A bridge rectifier is four diodes total. Look at a schematic of one and you'll see that it's simply two strings of two, connected anode to cathode. If you have the + output at top, - at bottom, and the two AC inputs on both sides, the two anodes of the "bottom" diodes in the two strings/sides are connected, and the two cathodes of the "top" diodes in the two strings connected.
Now, if that terrible description didn't confuse you, you are an amazing individual! Just look at a bridge rectifier schematic and it will become apparent.
I only suggested using a bridge rectifier because they're super cheap - even in the high-current flavor (50A or more), can easily be had with heavy duty spade lug connections, and have a nice hole in the middle making it easy to mount to something metal for heatsinking.
In this situation, it can be wired to use either one or two of the diodes contained within, on the same string/side. Each diode will drop around .6 to .7 volts. You can't use all four diodes because, well, electronic reasons ;)
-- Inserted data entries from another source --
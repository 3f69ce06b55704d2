-- ===== src/Ffs/Block/Fragments.antt =====
-- The block routines of ufsX/ufs/ffs/ffs_subr.c against the map as a set of fragments: block `h`
-- is the `frag` fragments from `h * frag` on.
use ufson_mac_os.Base.{
  ℕ, ◌+◌, ◌*◌, ◌/◌, ◌%◌, ◌^◌, ◌<◌, ◌⊎◌, inl, inr, List, not, refl, ap, sym, subst,
}
use ufson_mac_os.Base.{
  ◌==◌, ==_iff, if◌then◌else◌, get_or, get_or-set, set, length, ◌≡◌, ◌∙◌, arith, u8,
}
use ufson_mac_os.Base.Bits.{all_below, all_below_sound, all_below_cong}
use ufson_mac_os.Base.Bits.{bit_and-one, bit_and_three, bit_and_seven}
use ufson_mac_os.Ffs.Block.{isblock, isfreeblock, mask4, mask2, mask1}
use ufson_mac_os.Ffs.Block.Bytes

-- The values of `fs_frag` that the switches know.
abbrev pub IsFrag : ℕ → Type 0
IsFrag frag = (frag ≡ 8) ⊎ (frag ≡ 4) ⊎ (frag ≡ 2) ⊎ (frag ≡ 1)

-- A proof for each of the values.
pub frag_cases : (P : ℕ → Type 0) {frag : ℕ} → IsFrag frag → P 8 → P 4 → P 2 → P 1 → P frag
frag_cases P (inl e) a b c d = subst P (sym e) a
frag_cases P (inr (inl e)) a b c d = subst P (sym e) b
frag_cases P (inr (inr (inl e))) a b c d = subst P (sym e) c
frag_cases P (inr (inr (inr e))) a b c d = subst P (sym e) d

-- Each element is a byte.
abbrev pub AreBytes : List ℕ → Type 0
AreBytes cp = (i : ℕ) → get_or cp i 0 < 256

pub mask4_lem : (h : ℕ) → mask4 h ≡ Bytes.ones_at 4 (h % 2)
mask4_lem h = rw (bit_and-one h)

pub mask2_lem : (h : ℕ) → mask2 h ≡ Bytes.ones_at 2 (h % 4)
mask2_lem h = rw (bit_and_three h)

pub mask1_lem : (h : ℕ) → mask1 h ≡ Bytes.ones_at 1 (h % 8)
mask1_lem h = rw (bit_and_seven h) (ap (λ k. 1 * 2 ^ k) (omega arith))

u8-ones4 : (s : ℕ) → s < 2 → u8 (Bytes.ones_at 4 s) ≡ Bytes.ones_at 4 s
unfolding all_below
u8-ones4 s h =
    (==_iff _ _).0 (all_below_sound 2 (λ s. u8 (Bytes.ones_at 4 s) == Bytes.ones_at 4 s) s refl h)

u8-ones2 : (s : ℕ) → s < 4 → u8 (Bytes.ones_at 2 s) ≡ Bytes.ones_at 2 s
unfolding all_below
u8-ones2 s h =
    (==_iff _ _).0 (all_below_sound 4 (λ s. u8 (Bytes.ones_at 2 s) == Bytes.ones_at 2 s) s refl h)

u8-ones1 : (s : ℕ) → s < 8 → u8 (Bytes.ones_at 1 s) ≡ Bytes.ones_at 1 s
unfolding all_below
u8-ones1 s h =
    (==_iff _ _).0 (all_below_sound 8 (λ s. u8 (Bytes.ones_at 1 s) == Bytes.ones_at 1 s) s refl h)

-- The bits of a block lie in one byte.
isset_of_block :
    (cp : List ℕ) (i p k : ℕ)
    → p ≡ i / 8
    → k ≡ i % 8
    → Bytes.bit (get_or cp p 0) k ≡ Bytes.isset cp i
isset_of_block cp i p k e f = rw (e, f)

pub isset-set :
    (cp : List ℕ) (p v j : ℕ)
    → p < length cp
    → Bytes.isset (set cp p v) j ≡ (if j / 8 == p then Bytes.bit v (j % 8) else Bytes.isset cp j)
isset-set cp p v j h = ground (arith, get_or-set cp p (j / 8) v 0 h)

module _ (cp : List ℕ) (h : ℕ) (bytes : AreBytes cp) where
  isblock_lem8 : isblock 8 cp h ≡ all_below 8 (λ k. Bytes.isset cp (h * 8 + k))
  unfolding isblock
  isblock_lem8 =
      Bytes.all_set8 (get_or cp h 0) (bytes h)
      ∙ all_below_cong 8 _ _ (λ k lt. isset_of_block cp (h * 8 + k) h k (omega arith) (omega arith))

  isblock_lem4 : isblock 4 cp h ≡ all_below 4 (λ k. Bytes.isset cp (h * 4 + k))
  unfolding isblock
  isblock_lem4 =
      rw (mask4_lem h, u8-ones4 (h % 2) (omega arith))
        (Bytes.all_set4 (h % 2) (get_or cp (h / 2) 0) (bytes (h / 2)) (omega arith)
          ∙ all_below_cong 4 _ _ (λ k lt.
            isset_of_block cp (h * 4 + k) (h / 2) (h % 2 * 4 + k) (omega arith) (omega arith)))

  isblock_lem2 : isblock 2 cp h ≡ all_below 2 (λ k. Bytes.isset cp (h * 2 + k))
  unfolding isblock
  isblock_lem2 =
      rw (mask2_lem h, u8-ones2 (h % 4) (omega arith))
        (Bytes.all_set2 (h % 4) (get_or cp (h / 4) 0) (bytes (h / 4)) (omega arith)
          ∙ all_below_cong 2 _ _ (λ k lt.
            isset_of_block cp (h * 2 + k) (h / 4) (h % 4 * 2 + k) (omega arith) (omega arith)))

  isblock_lem1 : isblock 1 cp h ≡ all_below 1 (λ k. Bytes.isset cp (h * 1 + k))
  unfolding isblock
  isblock_lem1 =
      rw (mask1_lem h, u8-ones1 (h % 8) (omega arith))
        (Bytes.all_set1 (h % 8) (get_or cp (h / 8) 0) (bytes (h / 8)) (omega arith)
          ∙ all_below_cong 1 _ _ (λ k lt.
            isset_of_block cp (h * 1 + k) (h / 8) (h % 8 * 1 + k) (omega arith) (omega arith)))

  isfreeblock_lem8 : isfreeblock 8 cp h ≡ all_below 8 (λ k. not (Bytes.isset cp (h * 8 + k)))
  unfolding isfreeblock
  isfreeblock_lem8 =
      Bytes.all_clear8 (get_or cp h 0) (bytes h)
      ∙ all_below_cong 8 _ _
          (λ k lt. ap not (isset_of_block cp (h * 8 + k) h k (omega arith) (omega arith)))

  isfreeblock_lem4 : isfreeblock 4 cp h ≡ all_below 4 (λ k. not (Bytes.isset cp (h * 4 + k)))
  unfolding isfreeblock
  isfreeblock_lem4 = rw (mask4_lem h) (
      Bytes.all_clear4 (h % 2) (get_or cp (h / 2) 0) (bytes (h / 2)) (omega arith)
      ∙ all_below_cong 4 _ _ (λ k lt.
        ap not (isset_of_block cp (h * 4 + k) (h / 2) (h % 2 * 4 + k) (omega arith) (omega arith))))

  isfreeblock_lem2 : isfreeblock 2 cp h ≡ all_below 2 (λ k. not (Bytes.isset cp (h * 2 + k)))
  unfolding isfreeblock
  isfreeblock_lem2 = rw (mask2_lem h) (
      Bytes.all_clear2 (h % 4) (get_or cp (h / 4) 0) (bytes (h / 4)) (omega arith)
      ∙ all_below_cong 2 _ _ (λ k lt.
        ap not (isset_of_block cp (h * 2 + k) (h / 4) (h % 4 * 2 + k) (omega arith) (omega arith))))

  isfreeblock_lem1 : isfreeblock 1 cp h ≡ all_below 1 (λ k. not (Bytes.isset cp (h * 1 + k)))
  unfolding isfreeblock
  isfreeblock_lem1 = rw (mask1_lem h) (
      Bytes.all_clear1 (h % 8) (get_or cp (h / 8) 0) (bytes (h / 8)) (omega arith)
      ∙ all_below_cong 1 _ _ (λ k lt.
        ap not (isset_of_block cp (h * 1 + k) (h / 8) (h % 8 * 1 + k) (omega arith) (omega arith))))

module _ (frag : ℕ) (cp : List ℕ) (h : ℕ) (known : IsFrag frag) (bytes : AreBytes cp) where
  -- `ffs_isblock` holds exactly when every fragment of block `h` is free, for each `fs_frag` that
  -- a file system may have and a map of bytes.
  pub isblock_lem : isblock frag cp h ≡ all_below frag (λ k. Bytes.isset cp (h * frag + k))
  isblock_lem = elim known [
    | inl e ↦ rw e (isblock_lem8 cp h bytes)
    | inr (inl e) ↦ rw e (isblock_lem4 cp h bytes)
    | inr (inr (inl e)) ↦ rw e (isblock_lem2 cp h bytes)
    | inr (inr (inr e)) ↦ rw e (isblock_lem1 cp h bytes)
  ]

  -- `ffs_isfreeblock` holds exactly when every fragment of block `h` is in use, for each `fs_frag`
  -- that a file system may have and a map of bytes.
  pub isfreeblock_lem :
      isfreeblock frag cp h ≡ all_below frag (λ k. not (Bytes.isset cp (h * frag + k)))
  isfreeblock_lem = elim known [
    | inl e ↦ rw e (isfreeblock_lem8 cp h bytes)
    | inr (inl e) ↦ rw e (isfreeblock_lem4 cp h bytes)
    | inr (inr (inl e)) ↦ rw e (isfreeblock_lem2 cp h bytes)
    | inr (inr (inr e)) ↦ rw e (isfreeblock_lem1 cp h bytes)
  ]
Of course, you don't need to use a bridge rectifier.
How you integrate this to your application would be up to you. Obviously it would have to exist between the charging system output and the battery, separate of the starting circuit. Putting it solely on wherever the bare output of the alternator rectifier, before it connects to anything else is where I'd put it, with the other end of this "voltage dropper" connecting to wherever the output of that rectifier used to connect.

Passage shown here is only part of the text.